Cuando Orwell escribió que quien controla el pasado controla el futuro, estaba enunciando el argumento de Déjà Vu (íd. Tony Scott, 2006), fantasía compensatoria de gran estudio que responde a sucesos tan insólitos y traumáticos acontecidos en suelo estadounidense como los atentados de Oklahoma (19 de abril de 1995) y el World Trade Center (26 de febrero de 1993, 11 de septiembre de 2001) o los estropicios del huracán Katrina en Nueva Orleans (29 de agosto de 2005).
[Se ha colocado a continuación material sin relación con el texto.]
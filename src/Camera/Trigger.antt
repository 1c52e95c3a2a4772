-- ===== src/Camera/Trigger.antt =====
-- Runtime/src/camera/timedTriggerSource.cpp: a source that triggers a camera, waits for its frame and
-- triggers again. The scheduling thread, the camera's thread, which calls `onDeviceFrame`, and the
-- clients take their steps in any order; each locked section and each call outside it is one step.
-- The camera's answers come with the events, and clock readings are milliseconds.
pub mod Scheduling
mod Tests
use vision_runtime.Prelude.{
  ℕ, ◌+◌, Bool, true, false, not, ◌&&◌, ◌||◌, List, [], ◌∷◌, ◌++◌, if◌then◌else◌, ltb, leb,
}
use vision_runtime.Prelude.Int.{ℤ}
use vision_runtime.Core.Status.{
  Status, Result, success, failure, error, invalid_argument, invalid_state, unsupported,
  deadline_exceeded, with_context, ◌>>◌, reject_if, has_value,
}
use vision_runtime.Executor.Frames.{is_negative, is_positive}

pub record Options : Type 0 where
  pub trigger_interval : ℤ
  pub response_timeout : ℤ

-- Where the scheduling thread stands: before its first lock, in the call of `softwareTrigger`, before
-- an error is delivered, and in the three waits of the loop.
pub data Scheduler : Type 0 where
  absent waits_for_start triggering waits_for_response waits_for_callback : Scheduler
  waits_for_deadline ended : Scheduler
  failing : Status → Scheduler

-- Where the camera's thread stands in `onDeviceFrame`.
pub data CameraThread (F : Type 0) : Type 0 where
  idle delivered : CameraThread F
  delivering : Result F → CameraThread F

pub record Source (F : Type 0) : Type 0 where
  pub started : Bool
  pub running : Bool
  pub activated : Bool
  pub stop_requested : Bool
  pub response_arrived : Bool
  pub callback_completed : Bool
  pub terminal : Bool
  pub scheduler : Scheduler
  pub camera : CameraThread F
  -- What the camera was asked, and what the callback was given, oldest first.
  pub triggers : ℕ
  pub camera_stopped : Bool
  pub calls : List (Result F)

pub data Event (F : Type 0) : Type 0 where
  -- A turn of the scheduling thread, with the answer of `softwareTrigger` where it calls it.
  schedules : Result (Unit {0}) → Event F
  -- The time of the wait at which the scheduling thread stands is over.
  times_out : Event F
  arrives : Result F → Event F
  camera_moves stops : Event F

unfoldable pub is_valid : Options → Bool
is_valid o = not (is_negative o.trigger_interval) && is_positive o.response_timeout

-- `TimedTriggerSource::create`.
unfoldable pub check_create : Bool → Options → Bool → Result (Unit {0})
unfolding is_valid
check_create has_device o supports_trigger =
    reject_if (not has_device) (error invalid_argument "timed trigger source requires a device")
    >> reject_if (not (is_valid o)) (error invalid_argument "invalid timed trigger source options")
    >> reject_if (not supports_trigger)
        (error unsupported "camera device does not support software trigger")

module _ {F : Type 0} where
  unfoldable pub create : Source F
  create = record {
    started = false;
    running = false;
    activated = false;
    stop_requested = false;
    response_arrived = false;
    callback_completed = false;
    terminal = false;
    scheduler = absent;
    camera = idle;
    triggers = 0;
    camera_stopped = false;
    calls = [];
  }

  unfoldable pub check_start : Bool → Source F → Result (Unit {0})
  check_start has_callback e =
      reject_if e.started (error invalid_state "timed trigger source has already started")
      >> reject_if (not has_callback) (error invalid_argument "frame callback must not be empty")

  -- The scheduling thread is created and waits.
  abbrev pub with_scheduler : Source F → Source F
  with_scheduler e = record e {
    activated = false;
    stop_requested = false;
    response_arrived = false;
    callback_completed = false;
    terminal = false;
    scheduler = waits_for_start;
  }

  -- The answer of `startAcquisition`; after a failure the scheduling thread is stopped and joined.
  abbrev pub acquired : Result (Unit {0}) → Source F → Source F
  acquired (success u) e = record e { started = true; running = true; activated = true }
  acquired (failure s) e = record e {
    stop_requested = true;
    running = false;
    camera_stopped = true;
    scheduler = ended;
  }

  abbrev pub start_checked : Result (Unit {0}) → Result (Unit {0}) → Source F → Source F
  start_checked (failure s) answer e = e
  start_checked (success u) answer e = acquired answer (with_scheduler e)

  unfoldable pub start : Bool → Result (Unit {0}) → Source F → Source F × Result (Unit {0})
  unfolding check_start
  start has_callback answer e =
      (start_checked (check_start has_callback e) answer e, check_start has_callback e >> answer)

  unfoldable pub request_stop : Source F → Source F
  request_stop e = record e { stop_requested = true; running = false; camera_stopped = true }

  -- The end of `run`.
  abbrev pub leave : Source F → Source F
  leave e = record e { running = false; camera_stopped = true; scheduler = ended }

  -- The head of the loop of `run`.
  unfoldable pub next_round : Source F → Source F
  next_round e = if e.stop_requested || e.terminal then leave e else record e {
    response_arrived = false;
    callback_completed = false;
    scheduler = triggering;
    triggers = e.triggers + 1;
  }

  -- `softwareTrigger` has returned.
  unfoldable pub trigger_returns : Result (Unit {0}) → Source F → Source F
  unfolding with_context
  trigger_returns (success u) e = record e { scheduler = waits_for_response }
  trigger_returns (failure s) e =
      if e.response_arrived then record e { scheduler = waits_for_response } else record e {
        terminal = true;
        scheduler = failing (with_context s "software trigger failed");
      }

  -- The wait for the frame ends without a timeout.
  unfoldable pub hear_response : Source F → Source F
  hear_response e =
      if e.stop_requested
      then leave e
      else if e.response_arrived || e.terminal
      then record e { scheduler = waits_for_callback }
      else e

  unfoldable pub hear_callback : Source F → Source F
  hear_callback e =
      if not (e.callback_completed || e.stop_requested)
      then e
      else if e.stop_requested || e.terminal
      then leave e
      else record e { scheduler = waits_for_deadline }

  -- One turn of `run`.
  unfoldable pub move_scheduler : Scheduler → Result (Unit {0}) → Source F → Source F
  unfolding next_round trigger_returns hear_response hear_callback
  move_scheduler absent r e = e
  move_scheduler ended r e = e
  move_scheduler waits_for_start r e = if e.activated || e.stop_requested then next_round e else e
  move_scheduler triggering r e = trigger_returns r e
  move_scheduler (failing s) r e = leave (record e { calls = e.calls ++ failure s ∷ [] })
  move_scheduler waits_for_response r e = hear_response e
  move_scheduler waits_for_callback r e = hear_callback e
  move_scheduler waits_for_deadline r e = if e.stop_requested || e.terminal then next_round e else e

  -- The time of a wait is over.
  unfoldable pub time_out : Scheduler → Source F → Source F
  unfolding next_round hear_response
  time_out waits_for_response e =
      if e.response_arrived || e.stop_requested || e.terminal then hear_response e else record e {
        terminal = true;
        scheduler =
            failing
              (error deadline_exceeded "camera did not respond to software trigger before timeout");
      }
  time_out waits_for_deadline e = next_round e
  time_out _ e = e

  -- The first locked section of `onDeviceFrame`.
  unfoldable pub arrive : Result F → Source F → Source F
  arrive frame e =
      if e.stop_requested || e.terminal || (has_value frame && e.response_arrived)
      then e
      else if has_value frame
      then record e { response_arrived = true; camera = delivering frame }
      else record e { terminal = true; camera = delivering frame }

  -- The rest of `onDeviceFrame`.
  unfoldable pub move_camera : CameraThread F → Source F → Source F
  move_camera idle e = e
  move_camera (delivering frame) e = record e { calls = e.calls ++ frame ∷ []; camera = delivered }
  move_camera delivered e = record e { callback_completed = true; camera = idle }

  abbrev pub is_idle : CameraThread F → Bool
  is_idle idle = true
  is_idle _ = false

  unfoldable pub step : Event F → Source F → Source F
  unfolding move_scheduler time_out arrive move_camera request_stop
  step (schedules r) e = move_scheduler e.scheduler r e
  step times_out e = time_out e.scheduler e
  step (arrives f) e = if is_idle e.camera then arrive f e else e
  step camera_moves e = move_camera e.camera e
  step stops e = request_stop e

  unfoldable pub play : List (Event F) → Source F → Source F
  unfolding step
  play [] e = e
  play (v ∷ vs) e = play vs (step v e)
Siendo Déjà Vu una realización de Tony Scott —sexta de sus colaboraciones con el productor Jerry Bruckheimer y tercera con el actor Denzel Washington—, sería ilógico abordar críticamente el argumento apuntado como si se dedujese de un discurso consciente. Como ha sido habitual en la filmografía de Scott, la que puede considerarse una de sus mejores películas fió todo su impacto a la elección de una historia (o simple amago de ella, no le hace falta más, cortesía en esta ocasión de los guionistas Terry Rossio y Bill Marsilii) que permitiese dar alas a la mirada atomizada y ecléctica del director británico.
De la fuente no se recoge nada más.